§ AIM OF THE EXERCISE:
Check every line below, and copy those that include "done".

▬▬▬

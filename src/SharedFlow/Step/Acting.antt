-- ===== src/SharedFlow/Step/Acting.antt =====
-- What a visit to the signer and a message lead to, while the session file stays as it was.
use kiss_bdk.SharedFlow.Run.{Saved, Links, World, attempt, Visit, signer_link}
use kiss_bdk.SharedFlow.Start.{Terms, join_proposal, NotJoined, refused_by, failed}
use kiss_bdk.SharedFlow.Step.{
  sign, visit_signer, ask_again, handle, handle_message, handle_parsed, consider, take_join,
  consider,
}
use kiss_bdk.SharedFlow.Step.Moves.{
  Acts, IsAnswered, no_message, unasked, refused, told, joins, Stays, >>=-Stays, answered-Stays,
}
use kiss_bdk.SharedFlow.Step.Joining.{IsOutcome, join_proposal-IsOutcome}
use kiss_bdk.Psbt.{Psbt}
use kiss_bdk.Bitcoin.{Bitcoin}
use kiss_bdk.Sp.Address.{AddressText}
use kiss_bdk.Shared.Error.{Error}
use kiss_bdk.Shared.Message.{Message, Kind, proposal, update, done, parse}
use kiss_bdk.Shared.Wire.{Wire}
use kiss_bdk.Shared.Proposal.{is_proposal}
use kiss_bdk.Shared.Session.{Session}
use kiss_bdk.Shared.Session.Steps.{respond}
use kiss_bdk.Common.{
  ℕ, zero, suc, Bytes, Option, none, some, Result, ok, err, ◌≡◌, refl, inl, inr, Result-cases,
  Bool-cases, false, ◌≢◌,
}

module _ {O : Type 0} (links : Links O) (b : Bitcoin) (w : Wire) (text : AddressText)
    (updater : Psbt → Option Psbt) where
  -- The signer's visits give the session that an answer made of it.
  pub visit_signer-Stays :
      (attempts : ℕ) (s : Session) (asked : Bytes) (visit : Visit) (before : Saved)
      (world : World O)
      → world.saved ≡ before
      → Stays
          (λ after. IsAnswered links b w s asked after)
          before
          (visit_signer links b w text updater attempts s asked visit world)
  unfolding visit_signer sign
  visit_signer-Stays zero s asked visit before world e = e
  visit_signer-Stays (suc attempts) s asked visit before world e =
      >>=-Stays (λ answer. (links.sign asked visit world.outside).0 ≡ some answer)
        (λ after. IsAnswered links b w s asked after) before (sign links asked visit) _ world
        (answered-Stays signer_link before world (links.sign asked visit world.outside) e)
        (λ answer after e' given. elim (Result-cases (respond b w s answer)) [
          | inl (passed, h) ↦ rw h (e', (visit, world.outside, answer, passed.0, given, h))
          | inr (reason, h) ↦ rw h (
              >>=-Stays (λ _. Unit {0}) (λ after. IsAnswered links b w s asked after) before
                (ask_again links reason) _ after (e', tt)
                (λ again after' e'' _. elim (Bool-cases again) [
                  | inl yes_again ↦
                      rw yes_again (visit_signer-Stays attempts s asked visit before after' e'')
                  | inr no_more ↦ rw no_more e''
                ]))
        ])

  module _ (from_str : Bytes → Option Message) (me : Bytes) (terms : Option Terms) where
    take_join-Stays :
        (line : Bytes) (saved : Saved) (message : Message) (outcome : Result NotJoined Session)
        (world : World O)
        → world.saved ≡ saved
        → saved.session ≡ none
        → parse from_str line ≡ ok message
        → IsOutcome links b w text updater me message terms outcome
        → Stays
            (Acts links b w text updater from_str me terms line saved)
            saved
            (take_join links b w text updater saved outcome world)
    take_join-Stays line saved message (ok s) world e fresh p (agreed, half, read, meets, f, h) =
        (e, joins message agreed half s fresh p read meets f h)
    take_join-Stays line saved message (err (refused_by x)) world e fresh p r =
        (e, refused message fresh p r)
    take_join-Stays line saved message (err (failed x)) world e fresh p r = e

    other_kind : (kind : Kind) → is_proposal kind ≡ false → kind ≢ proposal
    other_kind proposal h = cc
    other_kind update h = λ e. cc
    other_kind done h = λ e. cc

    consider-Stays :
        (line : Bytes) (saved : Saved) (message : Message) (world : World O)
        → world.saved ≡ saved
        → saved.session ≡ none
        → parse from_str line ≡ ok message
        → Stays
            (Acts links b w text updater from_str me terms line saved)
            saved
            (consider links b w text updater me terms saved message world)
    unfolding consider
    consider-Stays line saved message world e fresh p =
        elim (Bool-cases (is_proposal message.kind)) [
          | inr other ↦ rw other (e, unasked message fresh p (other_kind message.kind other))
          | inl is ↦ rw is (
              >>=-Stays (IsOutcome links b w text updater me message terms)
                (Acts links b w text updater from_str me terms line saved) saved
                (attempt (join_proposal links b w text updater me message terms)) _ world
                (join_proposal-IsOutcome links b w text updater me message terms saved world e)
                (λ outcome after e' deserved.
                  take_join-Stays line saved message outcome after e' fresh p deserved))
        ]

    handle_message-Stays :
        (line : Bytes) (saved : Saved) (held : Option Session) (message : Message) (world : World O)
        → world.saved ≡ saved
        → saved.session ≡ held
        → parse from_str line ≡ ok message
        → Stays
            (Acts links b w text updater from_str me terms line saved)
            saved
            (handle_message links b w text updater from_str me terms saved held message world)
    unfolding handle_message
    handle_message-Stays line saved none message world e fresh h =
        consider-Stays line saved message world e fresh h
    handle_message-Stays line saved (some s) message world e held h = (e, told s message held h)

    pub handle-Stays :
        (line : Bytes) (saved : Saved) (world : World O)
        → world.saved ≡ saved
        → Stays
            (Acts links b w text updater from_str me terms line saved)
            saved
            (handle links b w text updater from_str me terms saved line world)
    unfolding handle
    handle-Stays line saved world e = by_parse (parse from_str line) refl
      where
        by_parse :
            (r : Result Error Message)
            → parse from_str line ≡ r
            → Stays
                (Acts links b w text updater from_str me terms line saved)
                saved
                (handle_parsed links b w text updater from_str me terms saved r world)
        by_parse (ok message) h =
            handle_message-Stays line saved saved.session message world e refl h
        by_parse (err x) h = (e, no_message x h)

▬▬▬

§ SOLUTION TO THIS PROBLEM:
use kiss_bdk.Shared.Message.{Message, Kind, proposal, update, done, parse}
    other_kind done h = λ e. cc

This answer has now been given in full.